Home > Other > The Dragons' Graveyard > Page 11
The Dragons' Graveyard Page 11

by James E. Wisher


  “Want me to tell them to move?” Shade asked.

  “They look rather determined to me,” Lord Black said. “But I suppose it couldn’t hurt.”

  “Okay, here we go.” Shade turned to the wizards. “We need to get inside the tower. Can I persuade you to stand aside?”

  The oldest of the bunch, a Shadow Clan wizard by the black stripe in his robe, hobbled forward. The guy had to be seventy if he was a day. He leaned on a crooked staff carved with markings Shade didn’t recognize.

  “The tower is taboo. None may enter lest a great catastrophe befall the world.”

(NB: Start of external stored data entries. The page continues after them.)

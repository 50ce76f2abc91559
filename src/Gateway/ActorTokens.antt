-- ===== src/Gateway/ActorTokens.antt =====
-- The ids of an actor's tokens, as handleRemoveActor of internal/gateway/server.go collects them.
use vtt_platform.Prelude.{
  String, ◌≡◌, refl, ap, subst, ◌∙◌, true, false, not, ◌||◌, Option, none, some, List, [], ◌∷◌,
  ◌==◌, All, arith, eq_iff, Bool-cases, inl, inr, if◌then◌else◌,
}
use vtt_platform.Go.GoMap.{lookup, UniqueKeys}
use vtt_platform.Go.Text.{str_lt}
use vtt_platform.Go.Sort.{sort_by, insert_by, has_key, has_key-insert_by, has_key-sort_by}
use vtt_platform.Engine.State.{Token}
use vtt_platform.Engine.Apply.Actors.{standing_token}
use vtt_platform.Rules.Checks.{token_ids}

abbrev pub by_itself : String → String
by_itself id = id

-- No id stands twice.
abbrev pub AreApart : List String → Type 0
AreApart [] = Unit
AreApart (a ∷ l) = (has_key by_itself a l ≡ false) × AreApart l

insert_by-AreApart :
    (a : String) (l : List String)
    → has_key by_itself a l ≡ false
    → AreApart l
    → AreApart (insert_by by_itself a l)
unfolding insert_by
insert_by-AreApart a [] h u = (refl, tt)
insert_by-AreApart a (b ∷ l) h u = elim (Bool-cases (str_lt b a)) [
  | inl e ↦ rw e (
    ground (arith, has_key-insert_by by_itself b a l, eq_iff a b, eq_iff b a),
    insert_by-AreApart a l (ground arith) u.1,
  )
  | inr e ↦ rw e (h, u)
]

pub sort_by-AreApart : (l : List String) → AreApart l → AreApart (sort_by by_itself l)
unfolding sort_by
sort_by-AreApart [] u = tt
sort_by-AreApart (a ∷ l) u =
    insert_by-AreApart a (sort_by by_itself l) (has_key-sort_by by_itself a l ∙ u.0)
      (sort_by-AreApart l u.1)

abbrev actor_or : String → Option Token → String
actor_or d none = d
actor_or d (some t) = t.actor_id

module _ (actor_id : String) where
  pub token_ids-none :
      (k : String) (l : List (String × Token))
      → lookup k l ≡ none
      → has_key by_itself k (token_ids actor_id "" l) ≡ false
  unfolding token_ids lookup
  token_ids-none k [] h = refl
  token_ids-none k ((j, t) ∷ l) h = ground (arith, token_ids-none k l)

  pub token_ids-AreApart :
      (l : List (String × Token)) → UniqueKeys l → AreApart (token_ids actor_id "" l)
  unfolding token_ids
  token_ids-AreApart [] u = tt
  token_ids-AreApart ((j, t) ∷ l) u = elim (Bool-cases (t.actor_id == actor_id)) [
    | inl e ↦ rw e (token_ids-none j l u.0, token_ids-AreApart l u.1)
    | inr e ↦ rw e (token_ids-AreApart l u.1)
  ]

  -- The ids are those of the actor's tokens.
  pub token_ids-tokens :
      (k : String) (tok : Token) (l : List (String × Token))
      → UniqueKeys l
      → lookup k l ≡ some tok
      → has_key by_itself k (token_ids actor_id "" l) ≡ (tok.actor_id == actor_id)
  unfolding token_ids lookup
  token_ids-tokens k tok [] u h = cc
  token_ids-tokens k tok ((j, t) ∷ l) u h = elim (Bool-cases (j == k)) [
    | inl e ↦ here e (rw e at h)
    | inr e ↦ ground (arith, token_ids-tokens k tok l u.1 (rw e at h), e)
  ]
    where
      gone : j == k ≡ true → has_key by_itself k (token_ids actor_id "" l) ≡ false
      gone e = token_ids-none k l (subst (λ x. lookup x l ≡ none) ((eq_iff j k).0 e) u.0)

      here :
          j == k ≡ true
          → some t ≡ some tok
          → has_key by_itself k (
              if not (t.actor_id == actor_id) || false
              then token_ids actor_id "" l
              else j ∷ token_ids actor_id "" l)
            ≡ (tok.actor_id == actor_id)
      here e q = ground (arith, gone e, e, ap (actor_or "") q)

  pub standing_token-none :
      (s : String) (l : List (String × Token))
      → All (λ e. (e.1.actor_id == actor_id) ≡ false) l
      → standing_token actor_id s l ≡ s
  unfolding standing_token
  standing_token-none s [] h = refl
  standing_token-none s ((j, t) ∷ l) h = rw h.0 (standing_token-none s l h.1)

  Shade glanced at the boss. No way was he going to like that answer. “Unless you’re willing to die to keep us out, you need to go away. I’m a reasonable guy, but my boss, not so much.”

  “Keeping the tower secure has been the duty of the four clans since the fall of the enemy. If we must die here to preserve the future, we will.”

  “Well?” Lord Black asked.

  “They’re not moving, Boss. It’s the usual mumbo jumbo about bad things happening if we go in. Sounds like the clans have been guarding this tower since the empire fell.”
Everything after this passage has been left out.